The League | Tinder for elitists | Are you ‘kind of a big deal?’



For many, this is the problem with dating apps today: You want to be on one, but don’t want to be seen on one. Especially if you’re someone “important,” like a CEO, a politician, or anyone who considers herself or himself to be “kind of a big deal.” That’s the thinking behind The League, a new dating app in private beta in San Francisco that aims to solve this problem — at least for people who are deemed special enough to join its privileged ranks.

Wait … I just got a little nauseous. OK, it passed. Admittedly my queasiness is probably because The League would never let me into their community. Ever.

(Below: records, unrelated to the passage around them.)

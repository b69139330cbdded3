-- ===== src/Durability/Resting.antt =====
-- Between two rounds of the checkpointing thread: marks and writes keep the boundary at which an epoch
-- can end.
use escort.Prelude.{
  ℕ, ◌<◌, ◌≡◌, sym, subst, inl, inr, Bool, true, some, List, ◌∷◌, update, Bool-cases, ==_iff, arith,
}
use escort.Address.{num_lines, line_addr}
use escort.Bitmap.{is_set}
use escort.Plog.{Cacheline}
use escort.World.{World}
use escort.RedoLog.{RedoLogs}
use escort.Userthread.{mark_line}
use escort.Snapshot.Update.{Boundary}
use escort.Durability.Marks.{with_bit, mark_line_alone}

module _ (L : RedoLogs) (offset : ℕ) (ctxs : List ℕ) (cur : Bool) (w : World L.State)
    (todo : List ℕ) (b : Boundary L offset ctxs cur w todo) (l : ℕ) where
  open L use {State}

  with_bit-Boundary : Boundary L offset ctxs cur (with_bit L cur l w) (l ∷ todo)
  with_bit-Boundary = record {
    valid = b.valid;
    idle = λ x. ground (arith, Bool-cases cur, b.idle x);
    empty = b.empty;
    clean = λ x h c. b.clean x h (ground (arith, Bool-cases cur));
    planned = λ x p. ground (arith, Bool-cases cur, b.planned x, ==_iff l x);
  }

  more-Boundary : Boundary L offset ctxs cur w (l ∷ todo)
  more-Boundary = record {
    valid = b.valid;
    idle = b.idle;
    empty = b.empty;
    clean = b.clean;
    planned = λ x p. ground (arith, b.planned x p);
  }

  pub mark-Boundary :
      (i : ℕ) (has_set : Bool) (w' : World State)
      → mark_line L i cur (line_addr l) l w ≡ some (has_set, w')
      → Boundary L offset ctxs cur w' (l ∷ todo)
  mark-Boundary i has_set w' h =
      elim (mark_line_alone L i cur (line_addr l) l has_set w w' (b.idle l) h) [
        | inl same ↦ subst (λ u. Boundary L offset ctxs cur u (l ∷ todo)) (sym same) more-Boundary
        | inr set ↦ subst (λ u. Boundary L offset ctxs cur u (l ∷ todo)) (sym set) with_bit-Boundary
      ]

  pub write-Boundary :
      (val : Cacheline)
      → l < num_lines
      → is_set (w.bitmap cur) l ≡ true
      → Boundary L offset ctxs cur (record w { dram = update w.dram (line_addr l) val }) todo
  write-Boundary val bound marked = record {
    valid = b.valid;
    idle = b.idle;
    empty = b.empty;
    clean = λ x h c. ground (arith, b.clean x h c, ==_iff l x);
    planned = b.planned;
  }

New members to The League are primarily recruited through referrals, and an algorithm that looks at things like education and profession determines who gets let in off the waiting list of several thousand. Unlike other dating apps like Tinder, users in The League can also limit who sees their profile — no Facebook friends, coworkers, LinkedIn contacts or people who don’t meet your preferences.

The League also does not offer an ever-changing stream of smirking faces and pithy one-liners. There is no swiping right or left. Users are shown only five possible matches a day. If they don’t connect with any, they have to wait until the next day’s group is offered. If Tinder is a big box store for partner-shopping, the League, with its minute pool and strict admissions criteria, is an exclusive boutique.

Even though the power couple-making app is only in beta with 4,500 San Francisco-based users, The League just announced $2.1 million in investor funding last Thursday. “I was just going to raise a small seed round, but we had a bunch of interest and we went from $500,000 to $2.1 million almost overnight,” The League founder Amanda Bradford told Tech Crunch.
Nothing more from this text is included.